[Stored data]
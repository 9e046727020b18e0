-- ===== src/Io/View.antt =====
-- What a file stands for: the bytes of its window, decrypted, as a function of the stream's.
use fuse_nx.Prelude.{ℕ, ◌+◌, ◌%◌, ◌^◌, ◌≤◌, ◌<◌, ◌≡◌, arith, List, length, Option, some}
use fuse_nx.Prelude.Slices.{slice, length-slice_of_le, overwrite}
use fuse_nx.Crypto.{Backend, key_of}
use fuse_nx.Crypto.Ctr.{xor_from, length-xor_from, key_stream}
use fuse_nx.Io.{FileBase, file, offset_file, ctr_file, Read, Stream, read_from}

module _ (pad : List ℕ → ℕ → ℕ → ℕ) where
  abbrev pub view : FileBase → List ℕ → List ℕ
  view (file pos fsize) xs = xs
  view (offset_file pos fsize base offset) xs = slice offset fsize (view base xs)
  view (ctr_file pos fsize base offset cipher) xs =
      slice offset fsize (xor_from (key_stream pad cipher.key cipher.nonce) 0 (view base xs))

-- A file whose reads may go past its end: not a decrypting one.
abbrev pub IsPlain : FileBase → Type 0
IsPlain (file pos fsize) = Unit {0}
IsPlain (offset_file pos fsize base offset) = Unit {0}
IsPlain (ctr_file pos fsize base offset cipher) = ⊥

module _ (pad : List ℕ → ℕ → ℕ → ℕ) where
  -- Each window lies within its base; a decrypting one starts at a block and has its key set.
  abbrev pub IsReady : FileBase → List ℕ → Type 0
  IsReady (file pos fsize) xs = length xs < 2 ^ 63
  IsReady (offset_file pos fsize base offset) xs =
      IsReady base xs × (offset + fsize ≤ length (view pad base xs))
  IsReady (ctr_file pos fsize base offset cipher) xs =
      IsReady base xs
      × (offset + fsize ≤ length (view pad base xs))
      × (offset % 16 ≡ 0)
      × (key_of cipher.handle ≡ cipher.key)
      × IsPlain base

  pub length-view-lt : (f : FileBase) (xs : List ℕ) → IsReady f xs → length (view pad f xs) < 2 ^ 63
  length-view-lt (file pos fsize) xs h = h
  length-view-lt (offset_file pos fsize base offset) xs h =
      omega
        (arith, length-view-lt base xs h.0, length-slice_of_le offset fsize (view pad base xs) h.1)
  length-view-lt (ctr_file pos fsize base offset cipher) xs h = omega (
    arith,
    length-view-lt base xs h.0,
    length-xor_from (key_stream pad cipher.key cipher.nonce) 0 (view pad base xs),
    length-slice_of_le offset fsize
        (xor_from (key_stream pad cipher.key cipher.nonce) 0 (view pad base xs)),
  )

  -- A read that stored `got` and returned its length, and left the file and the stream as they were but for their
  -- positions.
  pub record Reads (f : FileBase) (xs : List ℕ) (dest got : List ℕ) (o : Option Read) : Type 0 where
    pub result : Read
    pub returns : o ≡ some result
    pub stored : result.dest ≡ overwrite dest got
    pub counted : result.count ≡ length got
    pub kept : result.stream.contents ≡ xs
    pub ready : IsReady result.after xs
    pub same_view : view pad result.after xs ≡ view pad f xs
    pub plain : IsPlain f → IsPlain result.after

  module _ (b : Backend) where
    -- Reads within the file, and reads from within the file.
    abbrev pub ReadsWithin : FileBase → List ℕ → Type 0
    ReadsWithin f xs =
        (p : ℕ) (dest : List ℕ) (s : Stream)
        → s.contents ≡ xs
        → p + length dest ≤ length (view pad f xs)
        → Reads f xs dest (slice p (length dest) (view pad f xs)) (read_from b f p dest s)

    abbrev pub ReadsFrom : FileBase → List ℕ → Type 0
    ReadsFrom f xs =
        (p : ℕ) (dest : List ℕ) (s : Stream)
        → s.contents ≡ xs
        → p ≤ length (view pad f xs)
        → Reads f xs dest (slice p (length dest) (view pad f xs)) (read_from b f p dest s)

### TRY IT:
Could you repeat every record above exactly as it appears?

### ANSWER AREA:
repository 9e046727020b18e0
-- ===== src/Io/View.antt =====
-- What a file stands for: the bytes of its window, decrypted, as a function of the stream's.
use fuse_nx.Prelude.{ℕ, ◌+◌, ◌%◌, ◌^◌, ◌≤◌, ◌<◌, ◌≡◌, arith, List, length, Option, some}
use fuse_nx.Prelude.Slices.{slice, length-slice_of_le, overwrite}
use fuse_nx.Crypto.{Backend, key_of}
use fuse_nx.Crypto.Ctr.{xor_from, length-xor_from, key_stream}
use fuse_nx.Io.{FileBase, file, offset_file, ctr_file, Read, Stream, read_from}

module _ (pad : List ℕ → ℕ → ℕ → ℕ) where
  abbrev pub view : FileBase → List ℕ → List ℕ
  view (file pos fsize) xs = xs
  view (offset_file pos fsize base offset) xs = slice offset fsize (view base xs)
  view (ctr_file pos fsize base offset cipher) xs =
      slice offset fsize (xor_from (key_stream pad cipher.key cipher.nonce) 0 (view base xs))

-- A file whose reads may go past its end: not a decrypting one.
abbrev pub IsPlain : FileBase → Type 0
IsPlain (file pos fsize) = Unit {0}
IsPlain (offset_file pos fsize base offset) = Unit {0}
IsPlain (ctr_file pos fsize base offset cipher) = ⊥

module _ (pad : List ℕ → ℕ → ℕ → ℕ) where
  -- Each window lies within its base; a decrypting one starts at a block and has its key set.
  abbrev pub IsReady : FileBase → List ℕ → Type 0
  IsReady (file pos fsize) xs = length xs < 2 ^ 63
  IsReady (offset_file pos fsize base offset) xs =
      IsReady base xs × (offset + fsize ≤ length (view pad base xs))
  IsReady (ctr_file pos fsize base offset cipher) xs =
      IsReady base xs
      × (offset + fsize ≤ length (view pad base xs))
      × (offset % 16 ≡ 0)
      × (key_of cipher.handle ≡ cipher.key)
      × IsPlain base

  pub length-view-lt : (f : FileBase) (xs : List ℕ) → IsReady f xs → length (view pad f xs) < 2 ^ 63
  length-view-lt (file pos fsize) xs h = h
  length-view-lt (offset_file pos fsize base offset) xs h =
      omega
        (arith, length-view-lt base xs h.0, length-slice_of_le offset fsize (view pad base xs) h.1)
  length-view-lt (ctr_file pos fsize base offset cipher) xs h = omega (
    arith,
    length-view-lt base xs h.0,
    length-xor_from (key_stream pad cipher.key cipher.nonce) 0 (view pad base xs),
    length-slice_of_le offset fsize
        (xor_from (key_stream pad cipher.key cipher.nonce) 0 (view pad base xs)),
  )

  -- A read that stored `got` and returned its length, and left the file and the stream as they were but for their
  -- positions.
  pub record Reads (f : FileBase) (xs : List ℕ) (dest got : List ℕ) (o : Option Read) : Type 0 where
    pub result : Read
    pub returns : o ≡ some result
    pub stored : result.dest ≡ overwrite dest got
    pub counted : result.count ≡ length got
    pub kept : result.stream.contents ≡ xs
    pub ready : IsReady result.after xs
    pub same_view : view pad result.after xs ≡ view pad f xs
    pub plain : IsPlain f → IsPlain result.after

  module _ (b : Backend) where
    -- Reads within the file, and reads from within the file.
    abbrev pub ReadsWithin : FileBase → List ℕ → Type 0
    ReadsWithin f xs =
        (p : ℕ) (dest : List ℕ) (s : Stream)
        → s.contents ≡ xs
        → p + length dest ≤ length (view pad f xs)
        → Reads f xs dest (slice p (length dest) (view pad f xs)) (read_from b f p dest s)

    abbrev pub ReadsFrom : FileBase → List ℕ → Type 0
    ReadsFrom f xs =
        (p : ℕ) (dest : List ℕ) (s : Stream)
        → s.contents ≡ xs
        → p ≤ length (view pad f xs)
        → Reads f xs dest (slice p (length dest) (view pad f xs)) (read_from b f p dest s)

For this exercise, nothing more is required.